You are viewing a plain text version of this content. The canonical link for it is here.
Posted to user@spark.apache.org by Izhar ul Hassan <ez...@gmail.com> on 2014/02/01 16:04:54 UTC

java BindException pyspark

Hi,

I am trying to run pyspark with ipython notebook, on a virtual cluster
(openstack) using GRE tunnels and floating IPs.

The VM has only an ethernet with PRIVATE IP ADDRESS and it does not have an
ethernet with Public IP address i.e. the public ip is not set within the
guest.

The PRIVATE IP ADDRESS is mapped on to a FLOATING IP ADDRESS (like amazon
elastic ip) which means that the VM can be accessed from the outside world
with
the Public IP address but the VM itself does not know about the PUBLIC IP
ADDRESS. Therefore java cannot assign this PUBLIC_IP and throws a
BindException.

bin/start-master.sh -i PUBLIC IP ADDRESS -p somePort

I get errors such as:

SLF4J: Actual binding is of type [org.slf4j.impl.Log4jLoggerFactory]
14/01/31 15:44:02 INFO Slf4jEventHandler: Slf4jEventHandler started
Traceback (most recent call last):
  File "/home/hduser/DataAnalysis/spark/python/pyspark/shell.py", line 32,
in <module>
    sc = SparkContext(os.environ.get("MASTER", "local"), "PySparkShell",
pyFiles=add_files)
  File "/home/hduser/DataAnalysis/spark/python/pyspark/context.py", line
91, in __init__
    empty_string_array)
  File
"/home/hduser/DataAnalysis/spark/python/lib/py4j0.7.egg/py4j/java_gateway.py",
line 632, in __call__
  File
"/home/hduser/DataAnalysis/spark/python/lib/py4j0.7.egg/py4j/protocol.py",
line 300, in get_return_value
py4j.protocol.Py4JJavaError: An error occurred while calling
None.org.apache.spark.api.java.JavaSparkContext.
*: org.jboss.netty.channel.ChannelException: Failed to bind
to:publicResolvableHostname/MY_Public_IP:0*
...
*Caused by: java.net.BindException: Cannot assign requested address*

If I use the local ip address then I can run spark (and pyspark) on the
local interface without any problems. But the ipython notebook still fails
when I try to access it over the internet.
It looks like it tries to connect to spark://PUBLIC_IP:7077 but spark is
running on spark://LOCAL_IP:7077 and hence this breaks.

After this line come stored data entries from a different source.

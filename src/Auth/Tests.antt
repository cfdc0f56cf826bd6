-- ===== src/Auth/Tests.antt =====
-- Runs of the authentication with plain hashes, and the theorems about it at these runs.
use ollama_remote_control.Prelude.{
  ℕ, ◌+◌, ◌≤◌, ◌<◌, ◌≡◌, refl, some, none, [], ◌∷◌, arith, length, text_eq, ok, err, any,
}
use ollama_remote_control.Modelfile.Chars.{Text, codes, is_space, trim, trim_start, trim_end}
use ollama_remote_control.Auth.Store.{
  admin, StoredUser, StoredSession, SessionRow, AuthTables, create_session,
  find_active_session_by_token_hash, find_user_by_username, count_users,
  create_admin_if_none_exists,
}
use ollama_remote_control.Auth.Service.{
  PublicUser, CreatedSession, bootstrap_complete, csrf_invalid, invalid_credentials, session_row,
  bootstrap_admin, login, login_user, login_found, get_session, assert_csrf, logout,
  validate_username, validate_password, assert_login_input_bounded, requires_bootstrap,
  finish_bootstrap,
}
use ollama_remote_control.Auth.Sessions.{login-session}
use ollama_remote_control.Auth.Steps.{
  Reached, started, bootstrapped, logged_in, Reached-one_admin, logout-final,
}

abbrev plain : Text → Text
plain t = t

abbrev plain_iso : ℕ → Text
plain_iso n = n ∷ []

abbrev no_tables : AuthTables
no_tables = record { users = []; sessions = [] }

abbrev root : StoredUser
root = record {
  id = codes "u1";
  username = codes "root";
  password_hash = codes "longpassword";
  role = admin;
  created_at = plain_iso 5;
}

abbrev root_user : PublicUser
root_user = record { id = codes "u1"; username = codes "root"; role = admin }

abbrev with_root : AuthTables
with_root = record { users = root ∷ []; sessions = [] }

abbrev root_row : SessionRow
root_row =
    session_row plain plain text_eq plain plain_iso 100 root (codes "t") (codes "c") (codes "s1") 7

abbrev with_session : AuthTables
with_session = record { users = root ∷ []; sessions = root_row ∷ [] }

abbrev root_session : StoredSession
root_session = record { row = root_row; username = codes "root"; role = admin }

abbrev root_created : CreatedSession
root_created = record {
  user = root_user;
  token = codes "t";
  csrf_token = codes "c";
  expires_at = plain_iso 107;
}

bootstraps :
    bootstrap_admin plain plain text_eq plain plain_iso 100
      (codes " root ")
      (codes "longpassword")
      (codes "u1")
      5
      no_tables
      no_tables
    ≡ ok (root_user, with_root)
unfolding bootstrap_admin requires_bootstrap count_users validate_username validate_password
    finish_bootstrap create_admin_if_none_exists trim trim_start trim_end is_space any
bootstraps = refl

-- Of two first administrators at once the second one is refused.
bootstraps_once :
    bootstrap_admin plain plain text_eq plain plain_iso 100
      (codes "other")
      (codes "longpassword")
      (codes "u2")
      6
      no_tables
      with_root
    ≡ err bootstrap_complete
unfolding bootstrap_admin requires_bootstrap count_users validate_username validate_password
    finish_bootstrap create_admin_if_none_exists trim trim_start trim_end is_space any
bootstraps_once = refl

logs_in :
    login plain plain text_eq plain plain_iso 100
      (codes "ROOT")
      (codes "longpassword")
      (codes "t")
      (codes "c")
      (codes "s1")
      7
      with_root
      with_root
    ≡ ok (root_created, with_session)
unfolding login login_found login_user assert_login_input_bounded find_user_by_username
    create_session trim trim_start trim_end is_space any
logs_in = refl

fails_to_log_in :
    login plain plain text_eq plain plain_iso 100
      (codes "root")
      (codes "wrong")
      (codes "t")
      (codes "c")
      (codes "s1")
      7
      with_root
      with_root
    ≡ err invalid_credentials
unfolding login login_found login_user assert_login_input_bounded find_user_by_username
    create_session trim trim_start trim_end is_space any
fails_to_log_in = refl

finds_session :
    get_session plain plain text_eq plain plain_iso 100 (some (codes "t")) 9 with_session
    ≡ some root_session
unfolding get_session find_active_session_by_token_hash any
finds_session = refl

checks_csrf :
    (assert_csrf plain plain text_eq plain plain_iso 100 root_session (some (codes "c")) ≡ ok tt)
    × (assert_csrf plain plain text_eq plain plain_iso 100 root_session (some (codes "d"))
        ≡ err csrf_invalid)
unfolding assert_csrf
checks_csrf = (refl, refl)

login-session_example :
    (50 < 7 + 100
      → (s : StoredSession) × (get_session plain plain text_eq plain plain_iso 100
            (some (codes "t"))
            50
            with_session
          ≡ some s)
        × (s.row.user_id ≡ codes "u1"))
    × (7 + 100 ≤ 50
        → get_session plain plain text_eq plain plain_iso 100 (some (codes "t")) 50 with_session
          ≡ none)
login-session_example =
    login-session plain plain text_eq plain plain_iso 100 (codes "ROOT") (codes "longpassword")
      (codes "t") (codes "c") (codes "s1") 7 with_root with_root logs_in refl 50 refl

reached_session : Reached plain plain text_eq plain plain_iso 100 no_tables with_session
reached_session =
    logged_in (codes "ROOT") (codes "longpassword") (codes "t") (codes "c") (codes "s1") 7 with_root
      with_root
      (bootstrapped (codes " root ") (codes "longpassword") (codes "u1") 5 no_tables no_tables
        started bootstraps)
      logs_in

Reached-one_admin_example : length with_session.users ≤ 1
Reached-one_admin_example =
    Reached-one_admin plain plain text_eq plain plain_iso 100 {start = no_tables} (omega arith)
      reached_session

logout-final_example :
    get_session plain plain text_eq plain plain_iso 100
      (some (codes "t"))
      12
      (logout plain plain text_eq plain plain_iso 100 root_session 10 with_session)
    ≡ none
logout-final_example =
    logout-final plain plain text_eq plain plain_iso 100 {start = no_tables} (codes "t") 9 tt
      reached_session finds_session 10 started 12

14/02/01 14:11:00 INFO Client$ClientActor: Connecting to master
spark://PUBLIC_HOST:7077...
14/02/01 14:11:20 INFO Client$ClientActor: Connecting to master
spark://PUBLIC_HOST:7077...
14/02/01 14:11:40 ERROR Client$ClientActor: All masters are unresponsive!
Giving up.
14/02/01 14:11:40 ERROR SparkDeploySchedulerBackend: Spark cluster looks
dead, giving up.
14/02/01 14:11:40 ERROR ClusterScheduler: Exiting due to error from cluster
scheduler: Spark cluster looks down

setting
export SPARK_MASTER_IP=0.0.0.0

in spark-env.sh also does not help.
-- 
/Izhar

P.S. The same settings work on a physical server with public and private
interfaces.